Une parenthèse s’impose sur la couverture de Vultures 1. Si le concept de se mettre à nu sur une pochette choque déjà l’industrie depuis des décennies (Electric Ladyland, Unfinished Music No.1: Two Virgins), le contexte entourant la fréquente objectification de Bianca Censori par son mari rend le résultat encore moins appréciable. Dommage, parce qu’à l’exception de ce détail, la pochette de Vultures 1 est plutôt réussie. Fin de la parenthèse.
Et derrière les polémiques, derrière l’acharnement médiatique (mérité) que recueille West ces dernières années, Ty Dolla $ign entre en jeu. Le Californien se fait plus discret sur les pistes et au cours de la promotion de l’album, mais sauve régulièrement la baraque face à un Kanye West souvent en perte de ses moyens durant ses performances. Ty Dolla $ign offre un penchant mélodique réussi sur les 16 titres de Vultures 1, qui aurait cruellement manqué à l’album s’il avait été absent. Une grande mention à sa performance vocale sur Beg Forgiveness, qui ferait frémir tous les rappeurs qui se disent chanteurs. Ty Dolla $ign sait également s’adapter aux styles, tranchant sur de la trap ou mélodique sur du house durant Paid, à rappeler de (bonnes) séquences de Honestly, Nevermind de Drake.

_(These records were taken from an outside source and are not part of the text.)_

-- ===== src/Common/Words.antt =====
-- `strings.TrimSpace`, `strings.ToLower`, and `strings.Split` and `strings.Join` for a separator of one
-- byte. A text that is trimmed or put in lower case is the list of its runes.
use Prim.Native.Nat.{ℕ, ◌+◌}
use mathlib.Core.Bool.{Bool, ◌&&◌, ◌||◌}
use mathlib.Core.List.{List, [], ◌∷◌, ◌++◌}
use helm.Common.Defs.{Bytes, leb, ◌==◌, if◌then◌else◌}
use helm.Common.Text.{onto}

-- unicode.IsSpace
unfoldable pub is_space : ℕ → Bool
is_space c =
    (leb 9 c && leb c 13)
    || ((c == 32 || (c == 133 || (c == 160 || c == 5760)))
        || ((leb 8192 c && leb c 8202)
            || (c == 8232 || (c == 8233 || (c == 8239 || (c == 8287 || c == 12288))))))

unfoldable pub trim_left : Bytes → Bytes
trim_left [] = []
trim_left (c ∷ s) = let rest = trim_left s in if is_space c then rest else c ∷ s

unfoldable pub trim_right : Bytes → Bytes
trim_right [] = []
trim_right (c ∷ s) = elim (trim_right s) [
  | [] ↦ if is_space c then [] else c ∷ []
  | d ∷ t ↦ c ∷ d ∷ t
]

-- `strings.TrimSpace`
unfoldable pub trim_space : Bytes → Bytes
unfolding trim_left trim_right
trim_space s = trim_right (trim_left s)

-- unicode.ToLower, where its value is an ASCII rune: U+0130 and U+212A become i and k
abbrev pub lower : ℕ → ℕ
lower c =
    if leb b'A' c && leb c b'Z'
    then c + 32
    else (if c == 304 then b'i' else (if c == 8490 then b'k' else c))

unfoldable pub to_lower : Bytes → Bytes
to_lower [] = []
to_lower (c ∷ s) = lower c ∷ to_lower s

-- `strings.Split(s, sep)` for the separator of one byte `x`
unfoldable pub split1 : ℕ → Bytes → List Bytes
split1 x [] = [] ∷ []
split1 x (c ∷ s) = let rest = split1 x s in if c == x then [] ∷ rest else onto c rest

-- `strings.Join(parts, sep)` for a separator of one byte
unfoldable pub join1 : ℕ → List Bytes → Bytes
join1 x [] = []
join1 x (p ∷ []) = p
join1 x (p ∷ q ∷ ps) = p ++ x ∷ join1 x (q ∷ ps)
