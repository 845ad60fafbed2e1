-- ===== src/Chartutil/Paths.antt =====
-- Table, PathValue and tableLookup of pkg/chartutil/values.go, which find a table or a value at a
-- path of keys with dots between them. The text of an error is left out: ErrNoTable is `none`, and
-- the two errors of PathValue are constructors.
pub mod Laws
use helm.Common.{
  ℕ, Bytes, Bool, true, false, if◌then◌else◌, Option, none, some, List, [], ◌∷◌, ◌++◌, ◌==◌,
}
use helm.Common.Words.{split1, join1}
use helm.Chartutil.Value.{Value, Fields, table, values, lookup, istable, end}

abbrev pub fields_of : Option Value → Option Fields
fields_of (some (table fs)) = some fs
fields_of (some (values fs)) = some fs
fields_of _ = none

-- tableLookup
unfoldable pub table_lookup : Fields → Bytes → Option Fields
table_lookup fs simple = fields_of (lookup simple fs)

unfoldable pub descend : List Bytes → Option Fields → Option Fields
descend _ none = none
descend [] (some t) = some t
descend (n ∷ names) (some t) = descend names (table_lookup t n)

-- Values.Table
unfoldable pub table_at : Fields → Bytes → Option Fields
table_at v name = descend (split1 b'.' name) (some v)

pub data PathResult : Type 0 where
  found : Value → PathResult
  no_value zero_length : PathResult

-- a value that is there and is no table
abbrev pub leaf : Option Value → PathResult
leaf none = no_value
leaf (some v) = if istable v then no_value else found v

-- all parts but the last, and the last
unfoldable pub initial : Bytes → List Bytes → List Bytes
initial p [] = []
initial p (q ∷ ps) = p ∷ initial q ps

unfoldable pub last : Bytes → List Bytes → Bytes
last p [] = p
last p (q ∷ ps) = last q ps

abbrev pub value_in : Bytes → Option Fields → PathResult
value_in k none = no_value
value_in k (some t) = leaf (lookup k t)

abbrev pub path_parts : Fields → List Bytes → PathResult
path_parts v [] = no_value
path_parts v (k ∷ []) = leaf (lookup k v)
path_parts v (p ∷ q ∷ ps) =
    value_in (last p (q ∷ ps)) (table_at v (join1 b'.' (initial p (q ∷ ps))))

-- Values.PathValue
unfoldable pub path_value : Fields → Bytes → PathResult
path_value v [] = zero_length
path_value v (c ∷ ypath) = path_parts v (split1 b'.' (c ∷ ypath))
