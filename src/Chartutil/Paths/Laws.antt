-- ===== src/Chartutil/Paths/Laws.antt =====
-- PathValue of pkg/chartutil/values.go and a walk through nested tables.
use helm.Common.{
  ℕ, Bytes, Bool, true, false, if◌then◌else◌, Option, none, some, List, [], ◌∷◌, ◌++◌, ◌==◌, ◌≡◌,
  refl, arith, All, ◌∙◌, ap, ◌≢◌,
}
use helm.Common.Words.{split1, join1}
use helm.Chartutil.Value.{Fields, lookup}
use helm.Chartutil.Paths.{
  table_lookup, descend, table_at, PathResult, leaf, initial, last, value_in, path_parts,
  path_value, no_value,
}

-- the text lacks a byte
unfoldable pub lacks : ℕ → Bytes → Bool
lacks x [] = true
lacks x (c ∷ s) = if c == x then false else lacks x s

split1-append : (x : ℕ) (p s : Bytes) → lacks x p ≡ true → split1 x (p ++ x ∷ s) ≡ p ∷ split1 x s
unfolding split1 lacks
split1-append x [] s h = ground arith
split1-append x (c ∷ p) s h = ground (arith, split1-append x p s)

split1-lacks : (x : ℕ) (p : Bytes) → lacks x p ≡ true → split1 x p ≡ p ∷ []
unfolding split1 lacks
split1-lacks x [] h = refl
split1-lacks x (c ∷ p) h = ground (arith, split1-lacks x p)

abbrev pub Keys : List Bytes → Type 0
Keys = All (λ p. lacks b'.' p ≡ true)

-- Parts without the separator are what the joined text splits into.
pub split1-join1 :
    (p : Bytes) (ps : List Bytes) → Keys (p ∷ ps) → split1 b'.' (join1 b'.' (p ∷ ps)) ≡ p ∷ ps
unfolding join1
split1-join1 p [] (h, _) = split1-lacks b'.' p h
split1-join1 p (q ∷ ps) (h, hs) =
    split1-append b'.' p (join1 b'.' (q ∷ ps)) h ∙ ap (λ r. p ∷ r) (split1-join1 q ps hs)

-- the keys followed one after the other: all but the last lead to tables, and the last to a value
-- that is no table
abbrev pub follow : Fields → Bytes → List Bytes → PathResult
follow t k [] = leaf (lookup k t)
follow t k (q ∷ ps) = elim (table_lookup t k) [ none ↦ no_value | some t' ↦ follow t' q ps ]

-- from a table that may be missing
abbrev follow_from : Option Fields → Bytes → List Bytes → PathResult
follow_from none k ps = no_value
follow_from (some t) k ps = follow t k ps

descend-none : (k : Bytes) (names : List Bytes) → value_in k (descend names none) ≡ no_value
unfolding descend
descend-none k [] = refl
descend-none k (n ∷ names) = refl

descend-follow :
    (t : Option Fields) (k : Bytes) (ps : List Bytes)
    → value_in (last k ps) (descend (initial k ps) t) ≡ follow_from t k ps
unfolding last descend initial
descend-follow none k ps = descend-none (last k ps) (initial k ps)
descend-follow (some t) k [] = refl
descend-follow (some t) k (q ∷ ps) = descend-follow (table_lookup t k) q ps ∙ ground arith

initial-Keys : (p : Bytes) (ps : List Bytes) → Keys (p ∷ ps) → Keys (initial p ps)
unfolding initial
initial-Keys p [] h = tt
initial-Keys p (q ∷ ps) (h, hs) = (h, initial-Keys q ps hs)

path_parts-follow :
    (v : Fields) (p : Bytes) (ps : List Bytes)
    → Keys (p ∷ ps)
    → path_parts v (p ∷ ps) ≡ follow v p ps
unfolding table_at initial
path_parts-follow v p [] h = refl
path_parts-follow v p (q ∷ ps) h =
    ap (λ names. value_in (last p (q ∷ ps)) (descend names (some v)))
      (split1-join1 p (initial q ps) (h.0, initial-Keys q ps h.1))
    ∙ descend-follow (some v) p (q ∷ ps)

path_value-split1 :
    (v : Fields) (s : Bytes) → s ≢ [] → path_value v s ≡ path_parts v (split1 b'.' s)
unfolding path_value
path_value-split1 v [] h = absurd (h refl)
path_value-split1 v (c ∷ s) h = refl

-- For keys without dots, the value at the keys joined by dots, where that text is not empty, is the
-- value that following the keys through nested tables leads to, and an error where a key on the way
-- leads to no table, or the last one to no value or to a table.
pub path_value-join1 :
    (v : Fields) (p : Bytes) (ps : List Bytes)
    → Keys (p ∷ ps)
    → join1 b'.' (p ∷ ps) ≢ []
    → path_value v (join1 b'.' (p ∷ ps)) ≡ follow v p ps
path_value-join1 v p ps h ne =
    path_value-split1 v _ ne ∙ ap (path_parts v) (split1-join1 p ps h) ∙ path_parts-follow v p ps h
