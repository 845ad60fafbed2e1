-- ===== src/Release.antt =====
-- The release record of pkg/proto/hapi/release: release.pb.go, info.pb.go, status.pb.go, hook.pb.go.
-- The bookkeeping fields XXX_* of the generated structs are left out. A pointer that the code tests
-- for nil is an `Option`; `Info`, `Info.Status` and the first two times are never nil in a release
-- that Tiller builds.
use helm.Common.{ℕ, Bytes, codes, Bool, ◌==◌, Option, List}
use helm.Common.Decimal.{Int32, Int64}

-- seconds of a protobuf timestamp
abbrev pub Timestamp : Type 0
Timestamp = ℕ

pub data Status : Type 0 where
  unknown deployed deleted superseded failed deleting : Status
  pending_install pending_upgrade pending_rollback : Status

abbrev pub status_code : Status → ℕ
status_code unknown = 0
status_code deployed = 1
status_code deleted = 2
status_code superseded = 3
status_code failed = 4
status_code deleting = 5
status_code pending_install = 6
status_code pending_upgrade = 7
status_code pending_rollback = 8

abbrev pub status_eq : Status → Status → Bool
status_eq s t = status_code s == status_code t

-- Status_Code_name
abbrev pub status_name : Status → Bytes
status_name unknown = codes "UNKNOWN"
status_name deployed = codes "DEPLOYED"
status_name deleted = codes "DELETED"
status_name superseded = codes "SUPERSEDED"
status_name failed = codes "FAILED"
status_name deleting = codes "DELETING"
status_name pending_install = codes "PENDING_INSTALL"
status_name pending_upgrade = codes "PENDING_UPGRADE"
status_name pending_rollback = codes "PENDING_ROLLBACK"

-- Hook_Event
pub data HookEvent : Type 0 where
  unknown_event pre_install post_install pre_delete post_delete pre_upgrade : HookEvent
  post_upgrade pre_rollback post_rollback : HookEvent
  release_test_success release_test_failure crd_install : HookEvent

abbrev pub event_code : HookEvent → ℕ
event_code unknown_event = 0
event_code pre_install = 1
event_code post_install = 2
event_code pre_delete = 3
event_code post_delete = 4
event_code pre_upgrade = 5
event_code post_upgrade = 6
event_code pre_rollback = 7
event_code post_rollback = 8
event_code release_test_success = 9
event_code release_test_failure = 10
event_code crd_install = 11

abbrev pub event_eq : HookEvent → HookEvent → Bool
event_eq e f = event_code e == event_code f

-- Hook_DeletePolicy
pub data DeletePolicy : Type 0 where
  on_succeeded on_failed before_creation : DeletePolicy

abbrev pub policy_code : DeletePolicy → ℕ
policy_code on_succeeded = 0
policy_code on_failed = 1
policy_code before_creation = 2

abbrev pub policy_eq : DeletePolicy → DeletePolicy → Bool
policy_eq p q = policy_code p == policy_code q

pub record Hook : Type 0 where
  pub name : Bytes
  pub kind : Bytes
  pub path : Bytes
  pub manifest : Bytes
  pub events : List HookEvent
  pub last_run : Option Timestamp
  pub weight : Int32
  pub delete_policies : List DeletePolicy
  pub delete_timeout : Int64

pub record Info : Type 0 where
  pub code : Status
  pub notes : Bytes
  pub first_deployed : Timestamp
  pub last_deployed : Timestamp
  pub deleted_at : Option Timestamp
  pub description : Bytes

-- What the code here reads of a chart, and the rest as one value.
pub record Chart : Type 0 where
  -- `Metadata.Name`, none where `Metadata` is nil
  pub chart_name : Option Bytes
  pub values : Option Bytes
  pub content : Bytes

pub record Release : Type 0 where
  pub name : Bytes
  pub info : Info
  pub chart : Option Chart
  pub config : Option Bytes
  pub manifest : Bytes
  pub hooks : List Hook
  pub version : Int32
  pub namespace : Bytes

abbrev pub set_status : Status → Release → Release
set_status s r = record r { info = record r.info { code = s } }

abbrev pub set_description : Bytes → Release → Release
set_description d r = record r { info = record r.info { description = d } }
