-- ===== src/Storage/Labels.antt =====
-- pkg/storage/driver/labels.go: a map from strings to strings, as an association list in which an
-- earlier pair hides a later one with the same key.
use helm.Common.{Bytes, Bool, true, false, List, [], ◌∷◌, if◌then◌else◌, not, map}
use helm.Common.Text.{eqb}

abbrev pub Labels : Type 0
Labels = List (Bytes × Bytes)

abbrev pub init : Labels
init = []

-- the zero value of a string for a missing key
unfoldable pub get : Labels → Bytes → Bytes
unfolding eqb
get [] key = []
get ((k, v) ∷ lbs) key = if eqb k key then v else get lbs key

unfoldable pub set : Labels → Bytes → Bytes → Labels
set lbs key val = (key, val) ∷ lbs

unfoldable pub keys : Labels → List Bytes
keys lbs = map (λ kv. kv.0) lbs

match_keys : Labels → Labels → List Bytes → Bool
unfolding get
match_keys lbs other [] = true
match_keys lbs other (key ∷ ks) =
    if not (eqb (get lbs key) (get other key)) then false else match_keys lbs other ks

-- labels.match
unfoldable pub matches : Labels → Labels → Bool
unfolding match_keys keys
matches lbs other = match_keys lbs other (keys other)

Au final, Vultures 1 est-il un mauvais projet? Pas du tout, l’album se tient et proposes d’excellents moments. Mais on sent par instants que Kanye West ne désire plus produire de la grande musique, il connaît l’immense héritage qu’il a laissé au hip-hop et veut simplement montrer qu’il est encore debout. Que le tribunal acerbe de la cancel culture n’aura jamais raison de lui.
La trilogie de Vultures est censée prendre fin d’ici le printemps 2024, avec un deuxième et un troisième opus respectivement prévus pour mars et avril. Même si nous ne sommes pas dupes, nous connaissons Kanye.
On se retrouve plutôt en 2025, la compagnie.